State the number of lines in the entries below where the string "start" occurs, and omit everything else.

> DATA LISTING:
════════════════
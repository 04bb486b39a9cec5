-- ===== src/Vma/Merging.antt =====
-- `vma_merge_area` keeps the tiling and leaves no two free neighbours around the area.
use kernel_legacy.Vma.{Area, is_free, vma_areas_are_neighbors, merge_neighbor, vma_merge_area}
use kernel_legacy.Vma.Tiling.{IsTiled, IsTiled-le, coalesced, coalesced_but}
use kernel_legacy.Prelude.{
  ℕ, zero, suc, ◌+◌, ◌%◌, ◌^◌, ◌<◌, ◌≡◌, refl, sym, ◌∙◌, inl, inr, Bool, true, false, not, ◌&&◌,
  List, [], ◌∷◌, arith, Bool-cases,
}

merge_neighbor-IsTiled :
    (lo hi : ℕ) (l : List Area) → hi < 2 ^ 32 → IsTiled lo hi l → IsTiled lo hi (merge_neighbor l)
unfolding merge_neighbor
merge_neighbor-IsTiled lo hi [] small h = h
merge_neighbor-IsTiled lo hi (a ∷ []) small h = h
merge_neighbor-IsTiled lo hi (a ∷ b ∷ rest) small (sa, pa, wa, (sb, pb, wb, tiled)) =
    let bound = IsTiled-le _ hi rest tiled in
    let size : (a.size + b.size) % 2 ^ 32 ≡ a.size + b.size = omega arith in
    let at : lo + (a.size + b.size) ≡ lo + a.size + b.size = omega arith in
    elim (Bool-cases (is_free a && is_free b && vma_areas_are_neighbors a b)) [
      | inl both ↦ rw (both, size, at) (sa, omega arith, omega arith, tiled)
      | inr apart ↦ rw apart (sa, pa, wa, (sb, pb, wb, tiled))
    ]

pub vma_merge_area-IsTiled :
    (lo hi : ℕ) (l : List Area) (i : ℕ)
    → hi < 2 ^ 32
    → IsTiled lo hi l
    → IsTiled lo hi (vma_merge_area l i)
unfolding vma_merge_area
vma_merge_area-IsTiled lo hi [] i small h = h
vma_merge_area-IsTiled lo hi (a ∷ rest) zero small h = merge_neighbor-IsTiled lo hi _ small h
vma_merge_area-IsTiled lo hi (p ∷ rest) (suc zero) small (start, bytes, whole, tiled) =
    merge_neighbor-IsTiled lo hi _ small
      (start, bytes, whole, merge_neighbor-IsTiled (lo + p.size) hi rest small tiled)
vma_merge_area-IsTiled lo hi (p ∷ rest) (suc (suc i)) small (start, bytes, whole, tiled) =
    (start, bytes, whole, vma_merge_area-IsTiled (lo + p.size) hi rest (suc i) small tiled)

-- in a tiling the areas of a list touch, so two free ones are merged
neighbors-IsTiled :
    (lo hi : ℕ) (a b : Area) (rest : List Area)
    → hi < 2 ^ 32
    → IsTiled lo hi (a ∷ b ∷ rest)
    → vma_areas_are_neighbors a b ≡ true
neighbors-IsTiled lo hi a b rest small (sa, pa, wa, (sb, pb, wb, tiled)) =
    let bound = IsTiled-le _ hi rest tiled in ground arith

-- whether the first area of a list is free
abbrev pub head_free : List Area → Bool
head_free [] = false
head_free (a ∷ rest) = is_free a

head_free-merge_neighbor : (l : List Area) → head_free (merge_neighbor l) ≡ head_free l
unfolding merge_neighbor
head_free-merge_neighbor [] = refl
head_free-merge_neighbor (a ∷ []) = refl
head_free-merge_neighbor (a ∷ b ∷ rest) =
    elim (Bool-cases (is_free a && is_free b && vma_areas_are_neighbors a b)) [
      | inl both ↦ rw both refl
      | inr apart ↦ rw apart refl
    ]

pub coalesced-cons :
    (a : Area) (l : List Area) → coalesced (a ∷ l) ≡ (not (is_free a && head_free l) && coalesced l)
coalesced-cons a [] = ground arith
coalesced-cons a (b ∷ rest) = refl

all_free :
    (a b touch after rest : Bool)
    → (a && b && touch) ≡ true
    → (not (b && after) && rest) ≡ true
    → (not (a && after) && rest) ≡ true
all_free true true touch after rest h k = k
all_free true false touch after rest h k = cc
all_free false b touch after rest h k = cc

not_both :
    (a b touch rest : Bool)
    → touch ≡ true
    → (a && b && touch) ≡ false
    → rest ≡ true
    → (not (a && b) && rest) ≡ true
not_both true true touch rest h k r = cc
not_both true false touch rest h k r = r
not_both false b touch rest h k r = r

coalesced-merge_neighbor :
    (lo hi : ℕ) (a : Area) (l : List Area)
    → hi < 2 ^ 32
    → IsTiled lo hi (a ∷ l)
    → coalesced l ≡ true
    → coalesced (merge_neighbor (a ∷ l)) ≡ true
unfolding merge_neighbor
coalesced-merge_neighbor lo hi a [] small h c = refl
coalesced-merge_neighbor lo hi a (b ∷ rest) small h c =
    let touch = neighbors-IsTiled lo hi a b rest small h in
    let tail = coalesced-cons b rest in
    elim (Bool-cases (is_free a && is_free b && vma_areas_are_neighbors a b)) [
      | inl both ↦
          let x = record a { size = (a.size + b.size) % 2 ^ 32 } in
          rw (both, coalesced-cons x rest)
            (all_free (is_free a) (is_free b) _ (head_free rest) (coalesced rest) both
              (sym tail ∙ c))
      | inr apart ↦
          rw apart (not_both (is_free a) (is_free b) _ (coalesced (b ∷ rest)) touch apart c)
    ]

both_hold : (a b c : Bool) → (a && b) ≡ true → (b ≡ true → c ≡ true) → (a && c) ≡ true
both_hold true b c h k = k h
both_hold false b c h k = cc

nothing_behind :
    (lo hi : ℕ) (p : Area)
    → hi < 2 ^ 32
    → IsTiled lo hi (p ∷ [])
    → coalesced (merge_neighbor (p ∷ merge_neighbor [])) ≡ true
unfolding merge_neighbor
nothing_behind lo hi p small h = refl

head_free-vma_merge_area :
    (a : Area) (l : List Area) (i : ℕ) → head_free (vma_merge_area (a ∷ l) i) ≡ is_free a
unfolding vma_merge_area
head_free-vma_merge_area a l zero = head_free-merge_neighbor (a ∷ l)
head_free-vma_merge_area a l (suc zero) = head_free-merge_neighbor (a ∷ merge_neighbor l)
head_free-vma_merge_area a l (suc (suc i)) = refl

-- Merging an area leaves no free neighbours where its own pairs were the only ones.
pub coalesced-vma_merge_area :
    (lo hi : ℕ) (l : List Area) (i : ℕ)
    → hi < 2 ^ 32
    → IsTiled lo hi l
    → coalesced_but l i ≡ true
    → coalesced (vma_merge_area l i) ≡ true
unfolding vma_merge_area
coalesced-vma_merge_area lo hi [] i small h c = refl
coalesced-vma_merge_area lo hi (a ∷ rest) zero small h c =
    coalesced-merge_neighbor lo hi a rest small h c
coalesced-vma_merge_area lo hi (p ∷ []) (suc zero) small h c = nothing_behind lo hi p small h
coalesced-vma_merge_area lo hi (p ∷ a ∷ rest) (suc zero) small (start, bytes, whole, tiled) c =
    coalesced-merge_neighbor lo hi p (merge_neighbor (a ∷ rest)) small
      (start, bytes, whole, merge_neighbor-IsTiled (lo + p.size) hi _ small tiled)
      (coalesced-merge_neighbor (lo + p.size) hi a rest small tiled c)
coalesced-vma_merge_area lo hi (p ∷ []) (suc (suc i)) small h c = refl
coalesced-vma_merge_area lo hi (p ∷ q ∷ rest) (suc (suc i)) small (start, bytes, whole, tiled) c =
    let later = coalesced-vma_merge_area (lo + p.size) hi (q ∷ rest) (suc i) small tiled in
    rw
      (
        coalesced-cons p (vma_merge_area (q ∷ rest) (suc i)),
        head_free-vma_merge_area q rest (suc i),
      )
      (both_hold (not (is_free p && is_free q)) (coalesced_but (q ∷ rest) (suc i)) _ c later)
════════════════
> SOLUTION FOR THIS PROBLEM: 7